Why Counseling?

Taking brave steps towards a healthier, happier you.

It can be hard to admit when it’s time to seek counseling. Our society still has a long way to go in normalizing counseling the way going to the doctor is no big deal. You may still think of counseling as something reserved for ‘other’ people – but truthfully, most of us would benefit from counseling at some point in our lives.

For some, seeking counseling is one of the most courageous steps to take.  There’s no questioning that doing so saves lives – both figuratively and quiteliterally.

So much more than "just talking about it"

A counselor is so much more than just someone to talk to (though we definitely do a lot of listening)

We’re trained and prepared to provide a space for you to feel complete acceptance, confidentiality, and deeply heard. Whereas a friend (no matter how caring) often has their own challenges, preconceptions, and biases, we’re trained to be totally present to you and your situation. To put it simply, when you come in for therapy, I leave everything at the door and approach each session with an open mind and ears to hear.

In addition to listening, we know which questions will help you dive deeper, get to know yourself better, and find your own answers. While I may occasionally offer advice, most often a well-designed question will help you become your own advisor – a process once practiced you can take with you throughout your life.

The benefits:

Research-backed counseling has numerous benefits. Through therapy, you can uncover:

  • Greater personal empowerment
  • A stronger sense of hope for the future
  • Bravery in the face of social stigmas
  • Radical acceptance of life
  • Deep personal insight
  • Enhanced life, social, and communication skills
  • Improved health and wellbeing from a holistic perspective
  • Prevention and management of chronic mental health distress

Therapy tools I use most:

Unconditional Positive Regard

All of us desire to be seen and accepted unconditionally. Many of us do not receive this kind of support in our daily lives - family and friend's affection may be conditional or come with it the threat of judgement. As a therapist who employs unconditional positive regard, judgement is not something I allow in my sessions.

I adopt an attitude of grace and appreciation through whatever may seem to you like failure or 'wrongness'. While this doesn't mean all behaviors are "ok", it does mean that your thoughts and feelings are valid, a normal part of being human, and that we don't need to judge them to begin to bring about the change you want to see in yourself. Positive regard has been proven to increase self-acceptance, confidence, and motivation towards reaching one's potential.

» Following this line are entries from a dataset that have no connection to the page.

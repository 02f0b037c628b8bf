-- ===== src/Main/Boot.antt =====
-- The beginning of `main` in cmd/proxy/main.go, up to the server: the configuration, the logger, the
-- telemetry, the writer, the other parts, and the handler. The ping of the database only logs.
pub mod Laws
pub mod Outcome
use codesteward_audit_proxy.Base.{ℕ, Bool, true, false, Option, none, some, if◌then◌else◌}
use codesteward_audit_proxy.Base.Bytes.{Bytes, codes, eq_bytes}
use codesteward_audit_proxy.Base.Int.{ℤ}
use codesteward_audit_proxy.Audit.Scrubber.{Engine, scrub}
use codesteward_audit_proxy.Audit.Writer.{Driver}
use codesteward_audit_proxy.Audit.Writer.Open.{Writer, new_writer}
use codesteward_audit_proxy.Config.{Config, LoadError, Loaded, ok, err, Environment, load}
use codesteward_audit_proxy.Proxy.Http.{Url}
use codesteward_audit_proxy.Proxy.Handler.{Handler}
use codesteward_audit_proxy.Proxy.Serve.{new_handler}
use codesteward_audit_proxy.Telemetry.{Sdk, Globals, Shutdown, setup}
use codesteward_audit_proxy.Main.{
  Parts, Start, exits_no_writer, exits_invalid_pattern, panics, started, start,
}

-- What the program takes from the packages that it is built on, and from the system.
pub record Outside : Type 1 where
  pub engine : Engine
  pub parse_url : Bytes → Option Url
  pub parse_duration : Bytes → Option ℤ
  pub git : Option Bytes
  pub Options : Type 0
  pub parse_dsn : Bytes → Option Options
  pub open_conn : Options → Option Driver
  pub sdk : Sdk

pub data Level : Type 0 where
  level_debug level_info level_warn level_error : Level

-- setupLogger
unfoldable pub log_level_of : Bytes → Level
unfolding eq_bytes
log_level_of level =
    if eq_bytes level (codes "debug")
    then level_debug
    else if eq_bytes level (codes "warn")
    then level_warn
    else if eq_bytes level (codes "error")
    then level_error
    else level_info

-- http.Server, its timeouts in seconds
pub record Server : Type 0 where
  pub addr : Bytes
  pub read_timeout : ℕ
  pub write_timeout : ℕ
  pub idle_timeout : ℕ

abbrev pub server_of : Config → Server
server_of cfg = record {
  addr = cfg.proxy_addr;
  read_timeout = 300;
  write_timeout = 300;
  idle_timeout = 120;
}

abbrev pub is_opened : Option Writer → Bool
is_opened none = false
is_opened (some w) = true

module _ (o : Outside) where
  abbrev pub writer_of : Config → Option Writer
  writer_of cfg = new_writer o.parse_dsn o.open_conn cfg.click_house_dsn cfg.click_house_db

  abbrev pub opens : Bytes → Bytes → Bool
  opens dsn db = is_opened (new_writer o.parse_dsn o.open_conn dsn db)

  abbrev pub PartsOf : Type 0
  PartsOf = Parts o.engine o.parse_url opens

  abbrev pub StartOf : Type 0
  StartOf = Start o.engine o.parse_url opens

  pub record Program : Type 0 where
    pub level : Level
    pub globals : Globals
    pub otel_shutdown : Shutdown
    pub writer : Writer
    pub parts : PartsOf
    pub handler : Handler
    pub server : Server

  -- How `main` gets on: it exits with an error, or panics, or has its server.
  pub data Boot : Type 0 where
    boot_configuration : LoadError → Boot
    boot_telemetry boot_no_writer : Boot
    boot_invalid_pattern : Bytes → Boot
    boot_panics : Boot
    serves : Program → Boot

  abbrev pub handler_of : Config → PartsOf → Handler
  handler_of cfg p =
      new_handler cfg.audit_project cfg.audit_branch (scrub o.engine p.scrubber)
        cfg.capture_requests p.router true

  unfoldable pub program_of : Config → Globals → Shutdown → Writer → PartsOf → Program
  unfolding new_handler scrub log_level_of
  program_of cfg globals shut w p = record {
    level = log_level_of cfg.log_level;
    globals = globals;
    otel_shutdown = shut;
    writer = w;
    parts = p;
    handler = handler_of cfg p;
    server = server_of cfg;
  }

  abbrev pub after_start : Config → Globals → Shutdown → Writer → StartOf → Boot
  after_start cfg globals shut w exits_no_writer = boot_no_writer
  after_start cfg globals shut w (exits_invalid_pattern p) = boot_invalid_pattern p
  after_start cfg globals shut w panics = boot_panics
  after_start cfg globals shut w (started p) = serves (program_of cfg globals shut w p)

  abbrev pub after_writer : Config → Globals → Shutdown → StartOf → Option Writer → Boot
  after_writer cfg globals shut s none = boot_no_writer
  after_writer cfg globals shut s (some w) = after_start cfg globals shut w s

  abbrev pub after_setup : Config → Globals × Option Shutdown → Boot
  after_setup cfg (globals, none) = boot_telemetry
  after_setup cfg (globals, some shut) =
      after_writer cfg globals shut (start o.engine o.parse_url opens cfg) (writer_of cfg)

  abbrev pub after_load : Environment → Loaded Config → Boot
  after_load env (err e) = boot_configuration e
  after_load env (ok cfg) = after_setup cfg (setup o.sdk env)

  unfoldable pub boot : Environment → Boot
  unfolding load setup start new_writer program_of
  boot env = after_load env (load o.parse_duration o.git env)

Dialectical Behavior Therapy

Commonly refered to as "DBT", Dialectical Behavior Therapy gets it's name from it's approach in looking at how our inner dialogue effects out behavior, and how changing that dialogue can promote benefits we wish to see. By inner dialogue, we mean those thoughts, beliefs, and assumptions that make life harder (ie "I have to be perfect all the time." which may cause you to overwork yourself or sink into depression)

We utilize supportive collaboration and employ various tools to assist you in rewriting this dialogue (ie "I am worthy without needing to be perfect")

There are four categories of tools we can draw from that fall under DBT:

  • Mindfulness (Observe, Describe, and Participate).
  • Interpersonal Effectiveness (How you interact with the people around you)
  • Distress Tolerance (Accepting, finding meaning for, and tolerating distress)
  • Emotion Regulation (Through identifying, analyzing, and allowing emotions to simply be)

Brief Solution-Focused Therapy

If you're goal is to spend a lifetime on your therapist's couch, I'm probably not the right counselor for you. While I'm committed to go the distance with you, our time together will be marked by goal setting and working to achieve those goals. We'll spend more time in the present, learning how we can craft a better life for you, then sitting back and diving into the past.

We'll decide together what steps will get you from where you are, to where you want to be, and I'll walk them with you. This is important as we affirm that your mood, and your diagnosis, are not who you are - just a wave to be surfed.